WASHINGTON — Freddie Mac plans to tighten its underwriting standards, ending its purchases of "stated income" mortgages and paring back on some other types of risky loans.
The company outlined the changes, which will take effect on February 2, 2009, in an email to clients Friday.
The moves will take the mortgage giant broadly out of the subprime market, sending more business to the Federal Housing Administration, Karen Petrou of the consulting firm Federal Financial Analytics said.
Freddie Mac will cease all purchases of stated income loans, which don't require borrowers to verify their earnings. It will toughen underwriting standards for most so-called Alt-A loans, a cause of the company's financial troubles.
The company will also impose a maximum 45% debt-to-income ratio for nearly all mortgages it purchases and introduce new minimum credit scores for substantially all loans.
Borrowers that have gone through foreclosure or used a "short sale" to get out from under a heavy mortgage in recent years will face tougher scrutiny under the new guidelines.

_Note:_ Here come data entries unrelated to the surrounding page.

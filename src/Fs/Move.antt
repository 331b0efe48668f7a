-- ===== src/Fs/Move.antt =====
-- What a move of kernel/fs.c does to every path.
use siathos.Prelude.{
  ℕ, ◌<◌, ◌≡◌, ◌≢◌, inl, inr, refl, sym, ap, subst, ◌∙◌, Bool, true, false, ◌||◌, Option, none,
  some, arith, if◌then◌else◌, Bool-cases, Option-cases, length, take, get_elem?,
  get_elem?-modify-some, ℕ_discrete, Text,
}
use mathlib.Core.Option.{some-injective}
use siathos.Fs.{file, Node, Fs, name_max, is_dir_kind, fs_get, fs_create, new_node, is_some}
use siathos.Fs.Ops.{filled, removed, copy_made, copy_at, fs_copy, move_made, fs_move}
use siathos.Fs.Lookup.{fs_get-some, Made, fs_create-cases}
use siathos.Fs.Cases.{Wrote, fs_write-cases, Gone, fs_remove-cases}
use siathos.Fs.Finds.{Made-others, Made-found, Wrote-others, Wrote-found, Gone-others}
use siathos.Fs.Tree.{IsTree}
use siathos.Fs.Keeps.{Made-IsTree, Wrote-IsTree}

-- A removed path is not found again.
pub Gone-missing : (path : Text) (s u : Fs) → Gone path s u → IsTree s → fs_get path u ≡ none
Gone-missing path s u r t = elim (Option-cases (fs_get path u)) [
  | inl e ↦ e
  | inr ((j, b), e) ↦ absurd (still j b (fs_get-some path u j b e))
]
  where
    still :
        (j : ℕ) (b : Node) → (get_elem? u.nodes j ≡ some b) × (b.used ≡ true) × (b.path ≡ path) → ⊥
    still j b (g, used, p) =
        let (at, was_used, was) = fs_get-some path s r.slot r.old r.found in
        let (a, h, e) =
          get_elem?-modify-some s.nodes r.slot j removed b
            (sym (ap (λ l. get_elem? l j) r.nodes) ∙ g) in
        elim (ℕ_discrete r.slot j) [
          | yes x ↦ ground (arith, used, e)
          | no x ↦
              let kept : b ≡ a = ground (arith, e) in
              x (t.unique r.slot j r.old b at (h ∙ ap some (sym kept)) was_used used (was ∙ sym p))
        ]

-- A copy that succeeds, by its two steps.
pub record Copied (src dst : Text) (owner : ℕ) (s u : Fs) : Type 0 where
  pub slot : ℕ
  pub node : Node
  pub found : fs_get src s ≡ some (slot, node)
  pub plain : is_dir_kind node.kind ≡ false
  pub middle : Fs
  pub made : Made dst file owner s middle
  pub wrote : Wrote dst node.bytes node.size middle u

copy_made-Wrote :
    (r : Bool × Fs) (dst : Text) (n : Node) (has_memory : Bool)
    → (copy_made r dst n has_memory).0 ≡ true
    → (r.0 ≡ true) × Wrote dst n.bytes n.size r.1 (copy_made r dst n has_memory).1
copy_made-Wrote (false, s) dst n has_memory ok = absurd (ground arith)
copy_made-Wrote (true, s) dst n has_memory ok =
    elim (fs_write-cases dst n.bytes n.size has_memory s) [
      | inl bad ↦ absurd (ground (arith, sym ok ∙ ap (λ r. r.0) bad))
      | inr (_, w) ↦ (refl, w)
    ]

copy_at-Copied :
    (o : Option (ℕ × Node)) (src dst : Text) (owner : ℕ) (has_memory : Bool) (s : Fs)
    → fs_get src s ≡ o
    → (copy_at o dst owner has_memory s).0 ≡ true
    → Copied src dst owner s (copy_at o dst owner has_memory s).1
copy_at-Copied none src dst owner has_memory s at ok = absurd (ground arith)
copy_at-Copied (some (i, n)) src dst owner has_memory s at ok =
    elim (Bool-cases (is_dir_kind n.kind || is_some (fs_get dst s))) [
      | inl bad ↦ absurd (ground (arith, sym ok ∙ ap (λ b. (if b then (false, s) else body).0) bad))
      | inr fine ↦
          let on : copy_at (some (i, n)) dst owner has_memory s ≡ body =
            ap (λ b. if b then (false, s) else body) fine in
          let (created, w) =
            copy_made-Wrote (fs_create dst file owner s) dst n has_memory
              (sym (ap (λ r. r.0) on) ∙ ok) in
          elim (fs_create-cases dst file owner s) [
            | inl bad ↦ absurd (ground (arith, sym created ∙ ap (λ r. r.0) bad))
            | inr (_, m) ↦ subst (Copied src dst owner s) (sym (ap (λ r. r.1) on)) (record {
              slot = i;
              node = n;
              found = at;
              plain = ground (arith, fine);
              middle = (fs_create dst file owner s).1;
              made = m;
              wrote = w;
            })
          ]
    ]
  where
    body : Bool × Fs
    body = copy_made (fs_create dst file owner s) dst n has_memory

fs_copy-Copied :
    (src dst : Text) (owner : ℕ) (has_memory : Bool) (s : Fs)
    → (fs_copy src dst owner has_memory s).0 ≡ true
    → Copied src dst owner s (fs_copy src dst owner has_memory s).1
unfolding fs_copy
fs_copy-Copied src dst owner has_memory s ok =
    copy_at-Copied (fs_get src s) src dst owner has_memory s refl ok

move_made-Gone :
    (r : Bool × Fs) (src : Text)
    → (move_made r src).0 ≡ true
    → (r.0 ≡ true) × Gone src r.1 (move_made r src).1
move_made-Gone (false, s) src ok = absurd (ground arith)
move_made-Gone (true, s) src ok = elim (fs_remove-cases src s) [
  | inl bad ↦ absurd (ground (arith, sym ok ∙ ap (λ r. r.0) bad))
  | inr (_, g) ↦ (refl, g)
]

-- After `fs_move` succeeds on a tree of files, with a destination that fits a node, the destination
-- is a file with the bytes that the source held, the source is not found, and a search for any
-- other path finds the same node as before.
pub fs_move-moves :
    (src dst : Text) (owner : ℕ) (has_memory : Bool) (s : Fs)
    → length dst < name_max
    → IsTree s
    → (fs_move src dst owner has_memory s).0 ≡ true
    → let u = (fs_move src dst owner has_memory s).1 in
      (i : ℕ) × (n : Node) × (j : ℕ) × (m : Node) × (fs_get src s ≡ some (i, n))
      × (fs_get dst u ≡ some (j, m))
      × ((m.bytes ≡ take n.size n.bytes) × (m.size ≡ n.size) × (m.kind ≡ file))
      × (fs_get src u ≡ none)
      × ((other : Text) → other ≢ src → other ≢ dst → fs_get other u ≡ fs_get other s)
unfolding fs_move
fs_move-moves src dst owner has_memory s short t ok =
    let (copied_ok, g) = move_made-Gone (fs_copy src dst owner has_memory s) src ok in
    let c = fs_copy-Copied src dst owner has_memory s copied_ok in
    let m = c.made in
    let w = c.wrote in
    let s2 = (fs_copy src dst owner has_memory s).1 in
    let t2 =
      Wrote-IsTree dst c.node.bytes c.node.size c.middle s2 w
        (Made-IsTree dst file owner s c.middle short m t) in
    let apart : dst ≢ src = λ e. ground (arith, c.found, m.missing, ap (λ p. fs_get p s) e) in
    let new = Made-found dst file owner s c.middle short m in
    let old_new : w.old ≡ new_node dst file owner m.old =
      ap (λ (x : ℕ × Node). x.1) (some-injective _ _ (sym w.found ∙ new)) in
    (
      c.slot,
      c.node,
      w.slot,
      filled c.node.bytes c.node.size w.room w.old,
      c.found,
      Gone-others src s2 _ g dst apart ∙ Wrote-found dst c.node.bytes c.node.size c.middle s2 w,
      (refl, refl, ap (λ (n : Node). n.kind) old_new),
      Gone-missing src s2 _ g t2,
      λ other not_src not_dst.
          Gone-others src s2 _ g other not_src
          ∙ Wrote-others dst c.node.bytes c.node.size c.middle s2 w other not_dst
          ∙ Made-others dst file owner s c.middle short m other not_dst,
    )
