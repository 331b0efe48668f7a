-- ===== src/Fs/Others.antt =====
-- Each call of kernel/fs.c, whatever it results in, leaves the paths that it does not name alone.
use siathos.Prelude.{
  ℕ, ◌<◌, ◌≡◌, ◌≢◌, inl, inr, refl, ap, ◌∙◌, Bool, true, false, ◌||◌, Option, none, some, List,
  if◌then◌else◌, length, Text, Bool-cases,
}
use siathos.Fs.{Kind, file, Node, Fs, name_max, fs_get, fs_create, is_dir_kind, is_some}
use siathos.Fs.Ops.{fs_write, fs_remove, fs_copy, fs_move, copy_made, copy_at, move_made}
use siathos.Fs.Lookup.{fs_create-cases}
use siathos.Fs.Cases.{fs_write-cases, fs_remove-cases}
use siathos.Fs.Finds.{OthersFound, Made-others, Wrote-others, Gone-others}

-- One call of fs.c leaves the other paths alone.
pub fs_create-others :
    (path : Text) (kind : Kind) (owner : ℕ) (s : Fs)
    → length path < name_max
    → OthersFound path s (fs_create path kind owner s).1
fs_create-others path kind owner s h = elim (fs_create-cases path kind owner s) [
  | inl e ↦ λ other ne. ap (λ r. fs_get other r.1) e
  | inr (_, m) ↦ Made-others path kind owner s _ h m
]

pub fs_write-others :
    (path : Text) (bytes : List ℕ) (size : ℕ) (has_memory : Bool) (s : Fs)
    → OthersFound path s (fs_write path bytes size has_memory s).1
fs_write-others path bytes size has_memory s = elim (fs_write-cases path bytes size has_memory s) [
  | inl e ↦ λ other ne. ap (λ r. fs_get other r.1) e
  | inr (_, w) ↦ Wrote-others path bytes size s _ w
]

pub fs_remove-others : (path : Text) (s : Fs) → OthersFound path s (fs_remove path s).1
fs_remove-others path s = elim (fs_remove-cases path s) [
  | inl e ↦ λ other ne. ap (λ r. fs_get other r.1) e
  | inr (_, g) ↦ Gone-others path s _ g
]

copy_made-others :
    (r : Bool × Fs) (dst : Text) (n : Node) (has_memory : Bool)
    → OthersFound dst r.1 (copy_made r dst n has_memory).1
copy_made-others (false, s) dst n has_memory other ne = refl
copy_made-others (true, s) dst n has_memory other ne =
    fs_write-others dst n.bytes n.size has_memory s other ne

copy_at-others :
    (o : Option (ℕ × Node)) (dst : Text) (owner : ℕ) (has_memory : Bool) (s : Fs)
    → length dst < name_max
    → OthersFound dst s (copy_at o dst owner has_memory s).1
copy_at-others none dst owner has_memory s h other ne = refl
copy_at-others (some (i, n)) dst owner has_memory s h other ne =
    elim (Bool-cases (is_dir_kind n.kind || is_some (fs_get dst s))) [
      | inl bad ↦ ap (λ b. fs_get other (if b then (false, s) else body).1) bad
      | inr fine ↦
          ap (λ b. fs_get other (if b then (false, s) else body).1) fine
          ∙ copy_made-others (fs_create dst file owner s) dst n has_memory other ne
          ∙ fs_create-others dst file owner s h other ne
    ]
  where
    body : Bool × Fs
    body = copy_made (fs_create dst file owner s) dst n has_memory

pub fs_copy-others :
    (src dst : Text) (owner : ℕ) (has_memory : Bool) (s : Fs)
    → length dst < name_max
    → OthersFound dst s (fs_copy src dst owner has_memory s).1
unfolding fs_copy
fs_copy-others src dst owner has_memory s h = copy_at-others (fs_get src s) dst owner has_memory s h

move_made-others : (r : Bool × Fs) (src : Text) → OthersFound src r.1 (move_made r src).1
move_made-others (false, s) src other ne = refl
move_made-others (true, s) src other ne = fs_remove-others src s other ne

pub fs_move-others :
    (src dst : Text) (owner : ℕ) (has_memory : Bool) (s : Fs) (other : Text)
    → length dst < name_max
    → other ≢ src
    → other ≢ dst
    → fs_get other (fs_move src dst owner has_memory s).1 ≡ fs_get other s
unfolding fs_move
fs_move-others src dst owner has_memory s other h not_src not_dst =
    move_made-others (fs_copy src dst owner has_memory s) src other not_src
    ∙ fs_copy-others src dst owner has_memory s h other not_dst
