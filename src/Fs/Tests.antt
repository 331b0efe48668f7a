-- ===== src/Fs/Tests.antt =====
-- A directory, a file in it, and a move of the file.
use siathos.Prelude.{
  ℕ, zero, suc, ◌≡◌, ◌≢◌, refl, true, false, none, some, List, [], ◌∷◌, arith, take, Text,
  get_elem?,
}
use siathos.Fs.{
  file, dir, Node, Fs, unused, fs_get, fs_create, fs_is_dir, fs_has_children, parent_of,
}
use siathos.Fs.Ops.{fs_write, fs_read, fs_remove, fs_copy, fs_move, grow}
use siathos.Fs.Finds.{OthersFound, fs_read-fs_write}
use siathos.Fs.Tree.{IsTree}
use siathos.Fs.Histories.{Call, creates, writes, step, run, run-IsTree}
use siathos.Fs.Move.{fs_move-moves}

abbrev pub bare : Fs
bare = record { nodes = unused ∷ unused ∷ unused ∷ []; count = 0 }

bare_unused : (i : ℕ) (n : Node) → get_elem? bare.nodes i ≡ some n → n.used ≡ false
bare_unused zero n e = ground (arith, e)
bare_unused (suc zero) n e = ground (arith, e)
bare_unused (suc (suc zero)) n e = ground (arith, e)
bare_unused (suc (suc (suc i))) n e = absurd (ground (arith, e))

pub bare-IsTree : IsTree bare
bare-IsTree = record {
  unique = λ i j m n g h um un e. absurd (ground (arith, um, bare_unused i m g));
  parents = λ i n q g un e ne. absurd (ground (arith, un, bare_unused i n g));
}

-- `/a`, `/a/b` and `/c`
abbrev path_a : Text
path_a = 47 ∷ 97 ∷ []

abbrev path_b : Text
path_b = 47 ∷ 97 ∷ 47 ∷ 98 ∷ []

abbrev path_c : Text
path_c = 47 ∷ 99 ∷ []

abbrev greeting : List ℕ
greeting = 104 ∷ 105 ∷ []

abbrev setup : List Call
setup = creates path_a dir 255 ∷ creates path_b file 255 ∷ writes path_b greeting 2 true ∷ []

abbrev stocked : Fs
stocked = run bare setup

run-IsTree_example : IsTree stocked
run-IsTree_example = run-IsTree bare setup (omega arith, (omega arith, (tt, tt))) bare-IsTree

keeps_full_dir : (fs_remove path_a stocked).0 ≡ false
unfolding run step fs_create fs_write fs_remove fs_get fs_is_dir fs_has_children parent_of grow
keeps_full_dir = refl

write_ok : (fs_write path_b greeting 2 true stocked).0 ≡ true
unfolding run step fs_create fs_write fs_get fs_is_dir parent_of grow
write_ok = refl

fs_read-fs_write_example :
    let u = (fs_write path_b greeting 2 true stocked).1 in
    (fs_read path_b 8 u ≡ some greeting) × OthersFound path_b stocked u
fs_read-fs_write_example = fs_read-fs_write path_b greeting 2 8 true stocked write_ok

move_ok : (fs_move path_b path_c 255 true stocked).0 ≡ true
unfolding run step fs_create fs_write fs_remove fs_copy fs_move fs_get fs_is_dir fs_has_children
    parent_of grow
move_ok = refl

read_moved : fs_read path_c 8 (fs_move path_b path_c 255 true stocked).1 ≡ some greeting
unfolding run step fs_create fs_write fs_read fs_remove fs_copy fs_move fs_get fs_is_dir
    fs_has_children parent_of grow
read_moved = refl

stocked-IsTree : IsTree stocked
stocked-IsTree = run-IsTree bare setup (omega arith, (omega arith, (tt, tt))) bare-IsTree

fs_move-moves_example :
    let u = (fs_move path_b path_c 255 true stocked).1 in
    (i : ℕ) × (n : Node) × (j : ℕ) × (m : Node) × (fs_get path_b stocked ≡ some (i, n))
    × (fs_get path_c u ≡ some (j, m))
    × ((m.bytes ≡ take n.size n.bytes) × (m.size ≡ n.size) × (m.kind ≡ file))
    × (fs_get path_b u ≡ none)
    × ((other : Text) → other ≢ path_b → other ≢ path_c → fs_get other u ≡ fs_get other stocked)
fs_move-moves_example =
    fs_move-moves path_b path_c 255 true stocked (omega arith) stocked-IsTree move_ok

However, Freddie Mac will continue to purchase mortgages financed by a second "piggyback" loan, which allows borrowers to finance more than 80% of their home's value without private mortgage insurance.
The company still has "a ways to go" to reduce the risk of its business, Petrou argued.
Freddie Mac also announced refinements to new upfront fees it is charging lenders. The fees, which Freddie Mac introduced earlier this year, have been blamed for keeping mortgage rates stubbornly high despite the seizure of Freddie and its sibling, Fannie Mae, by the U.S. government last month.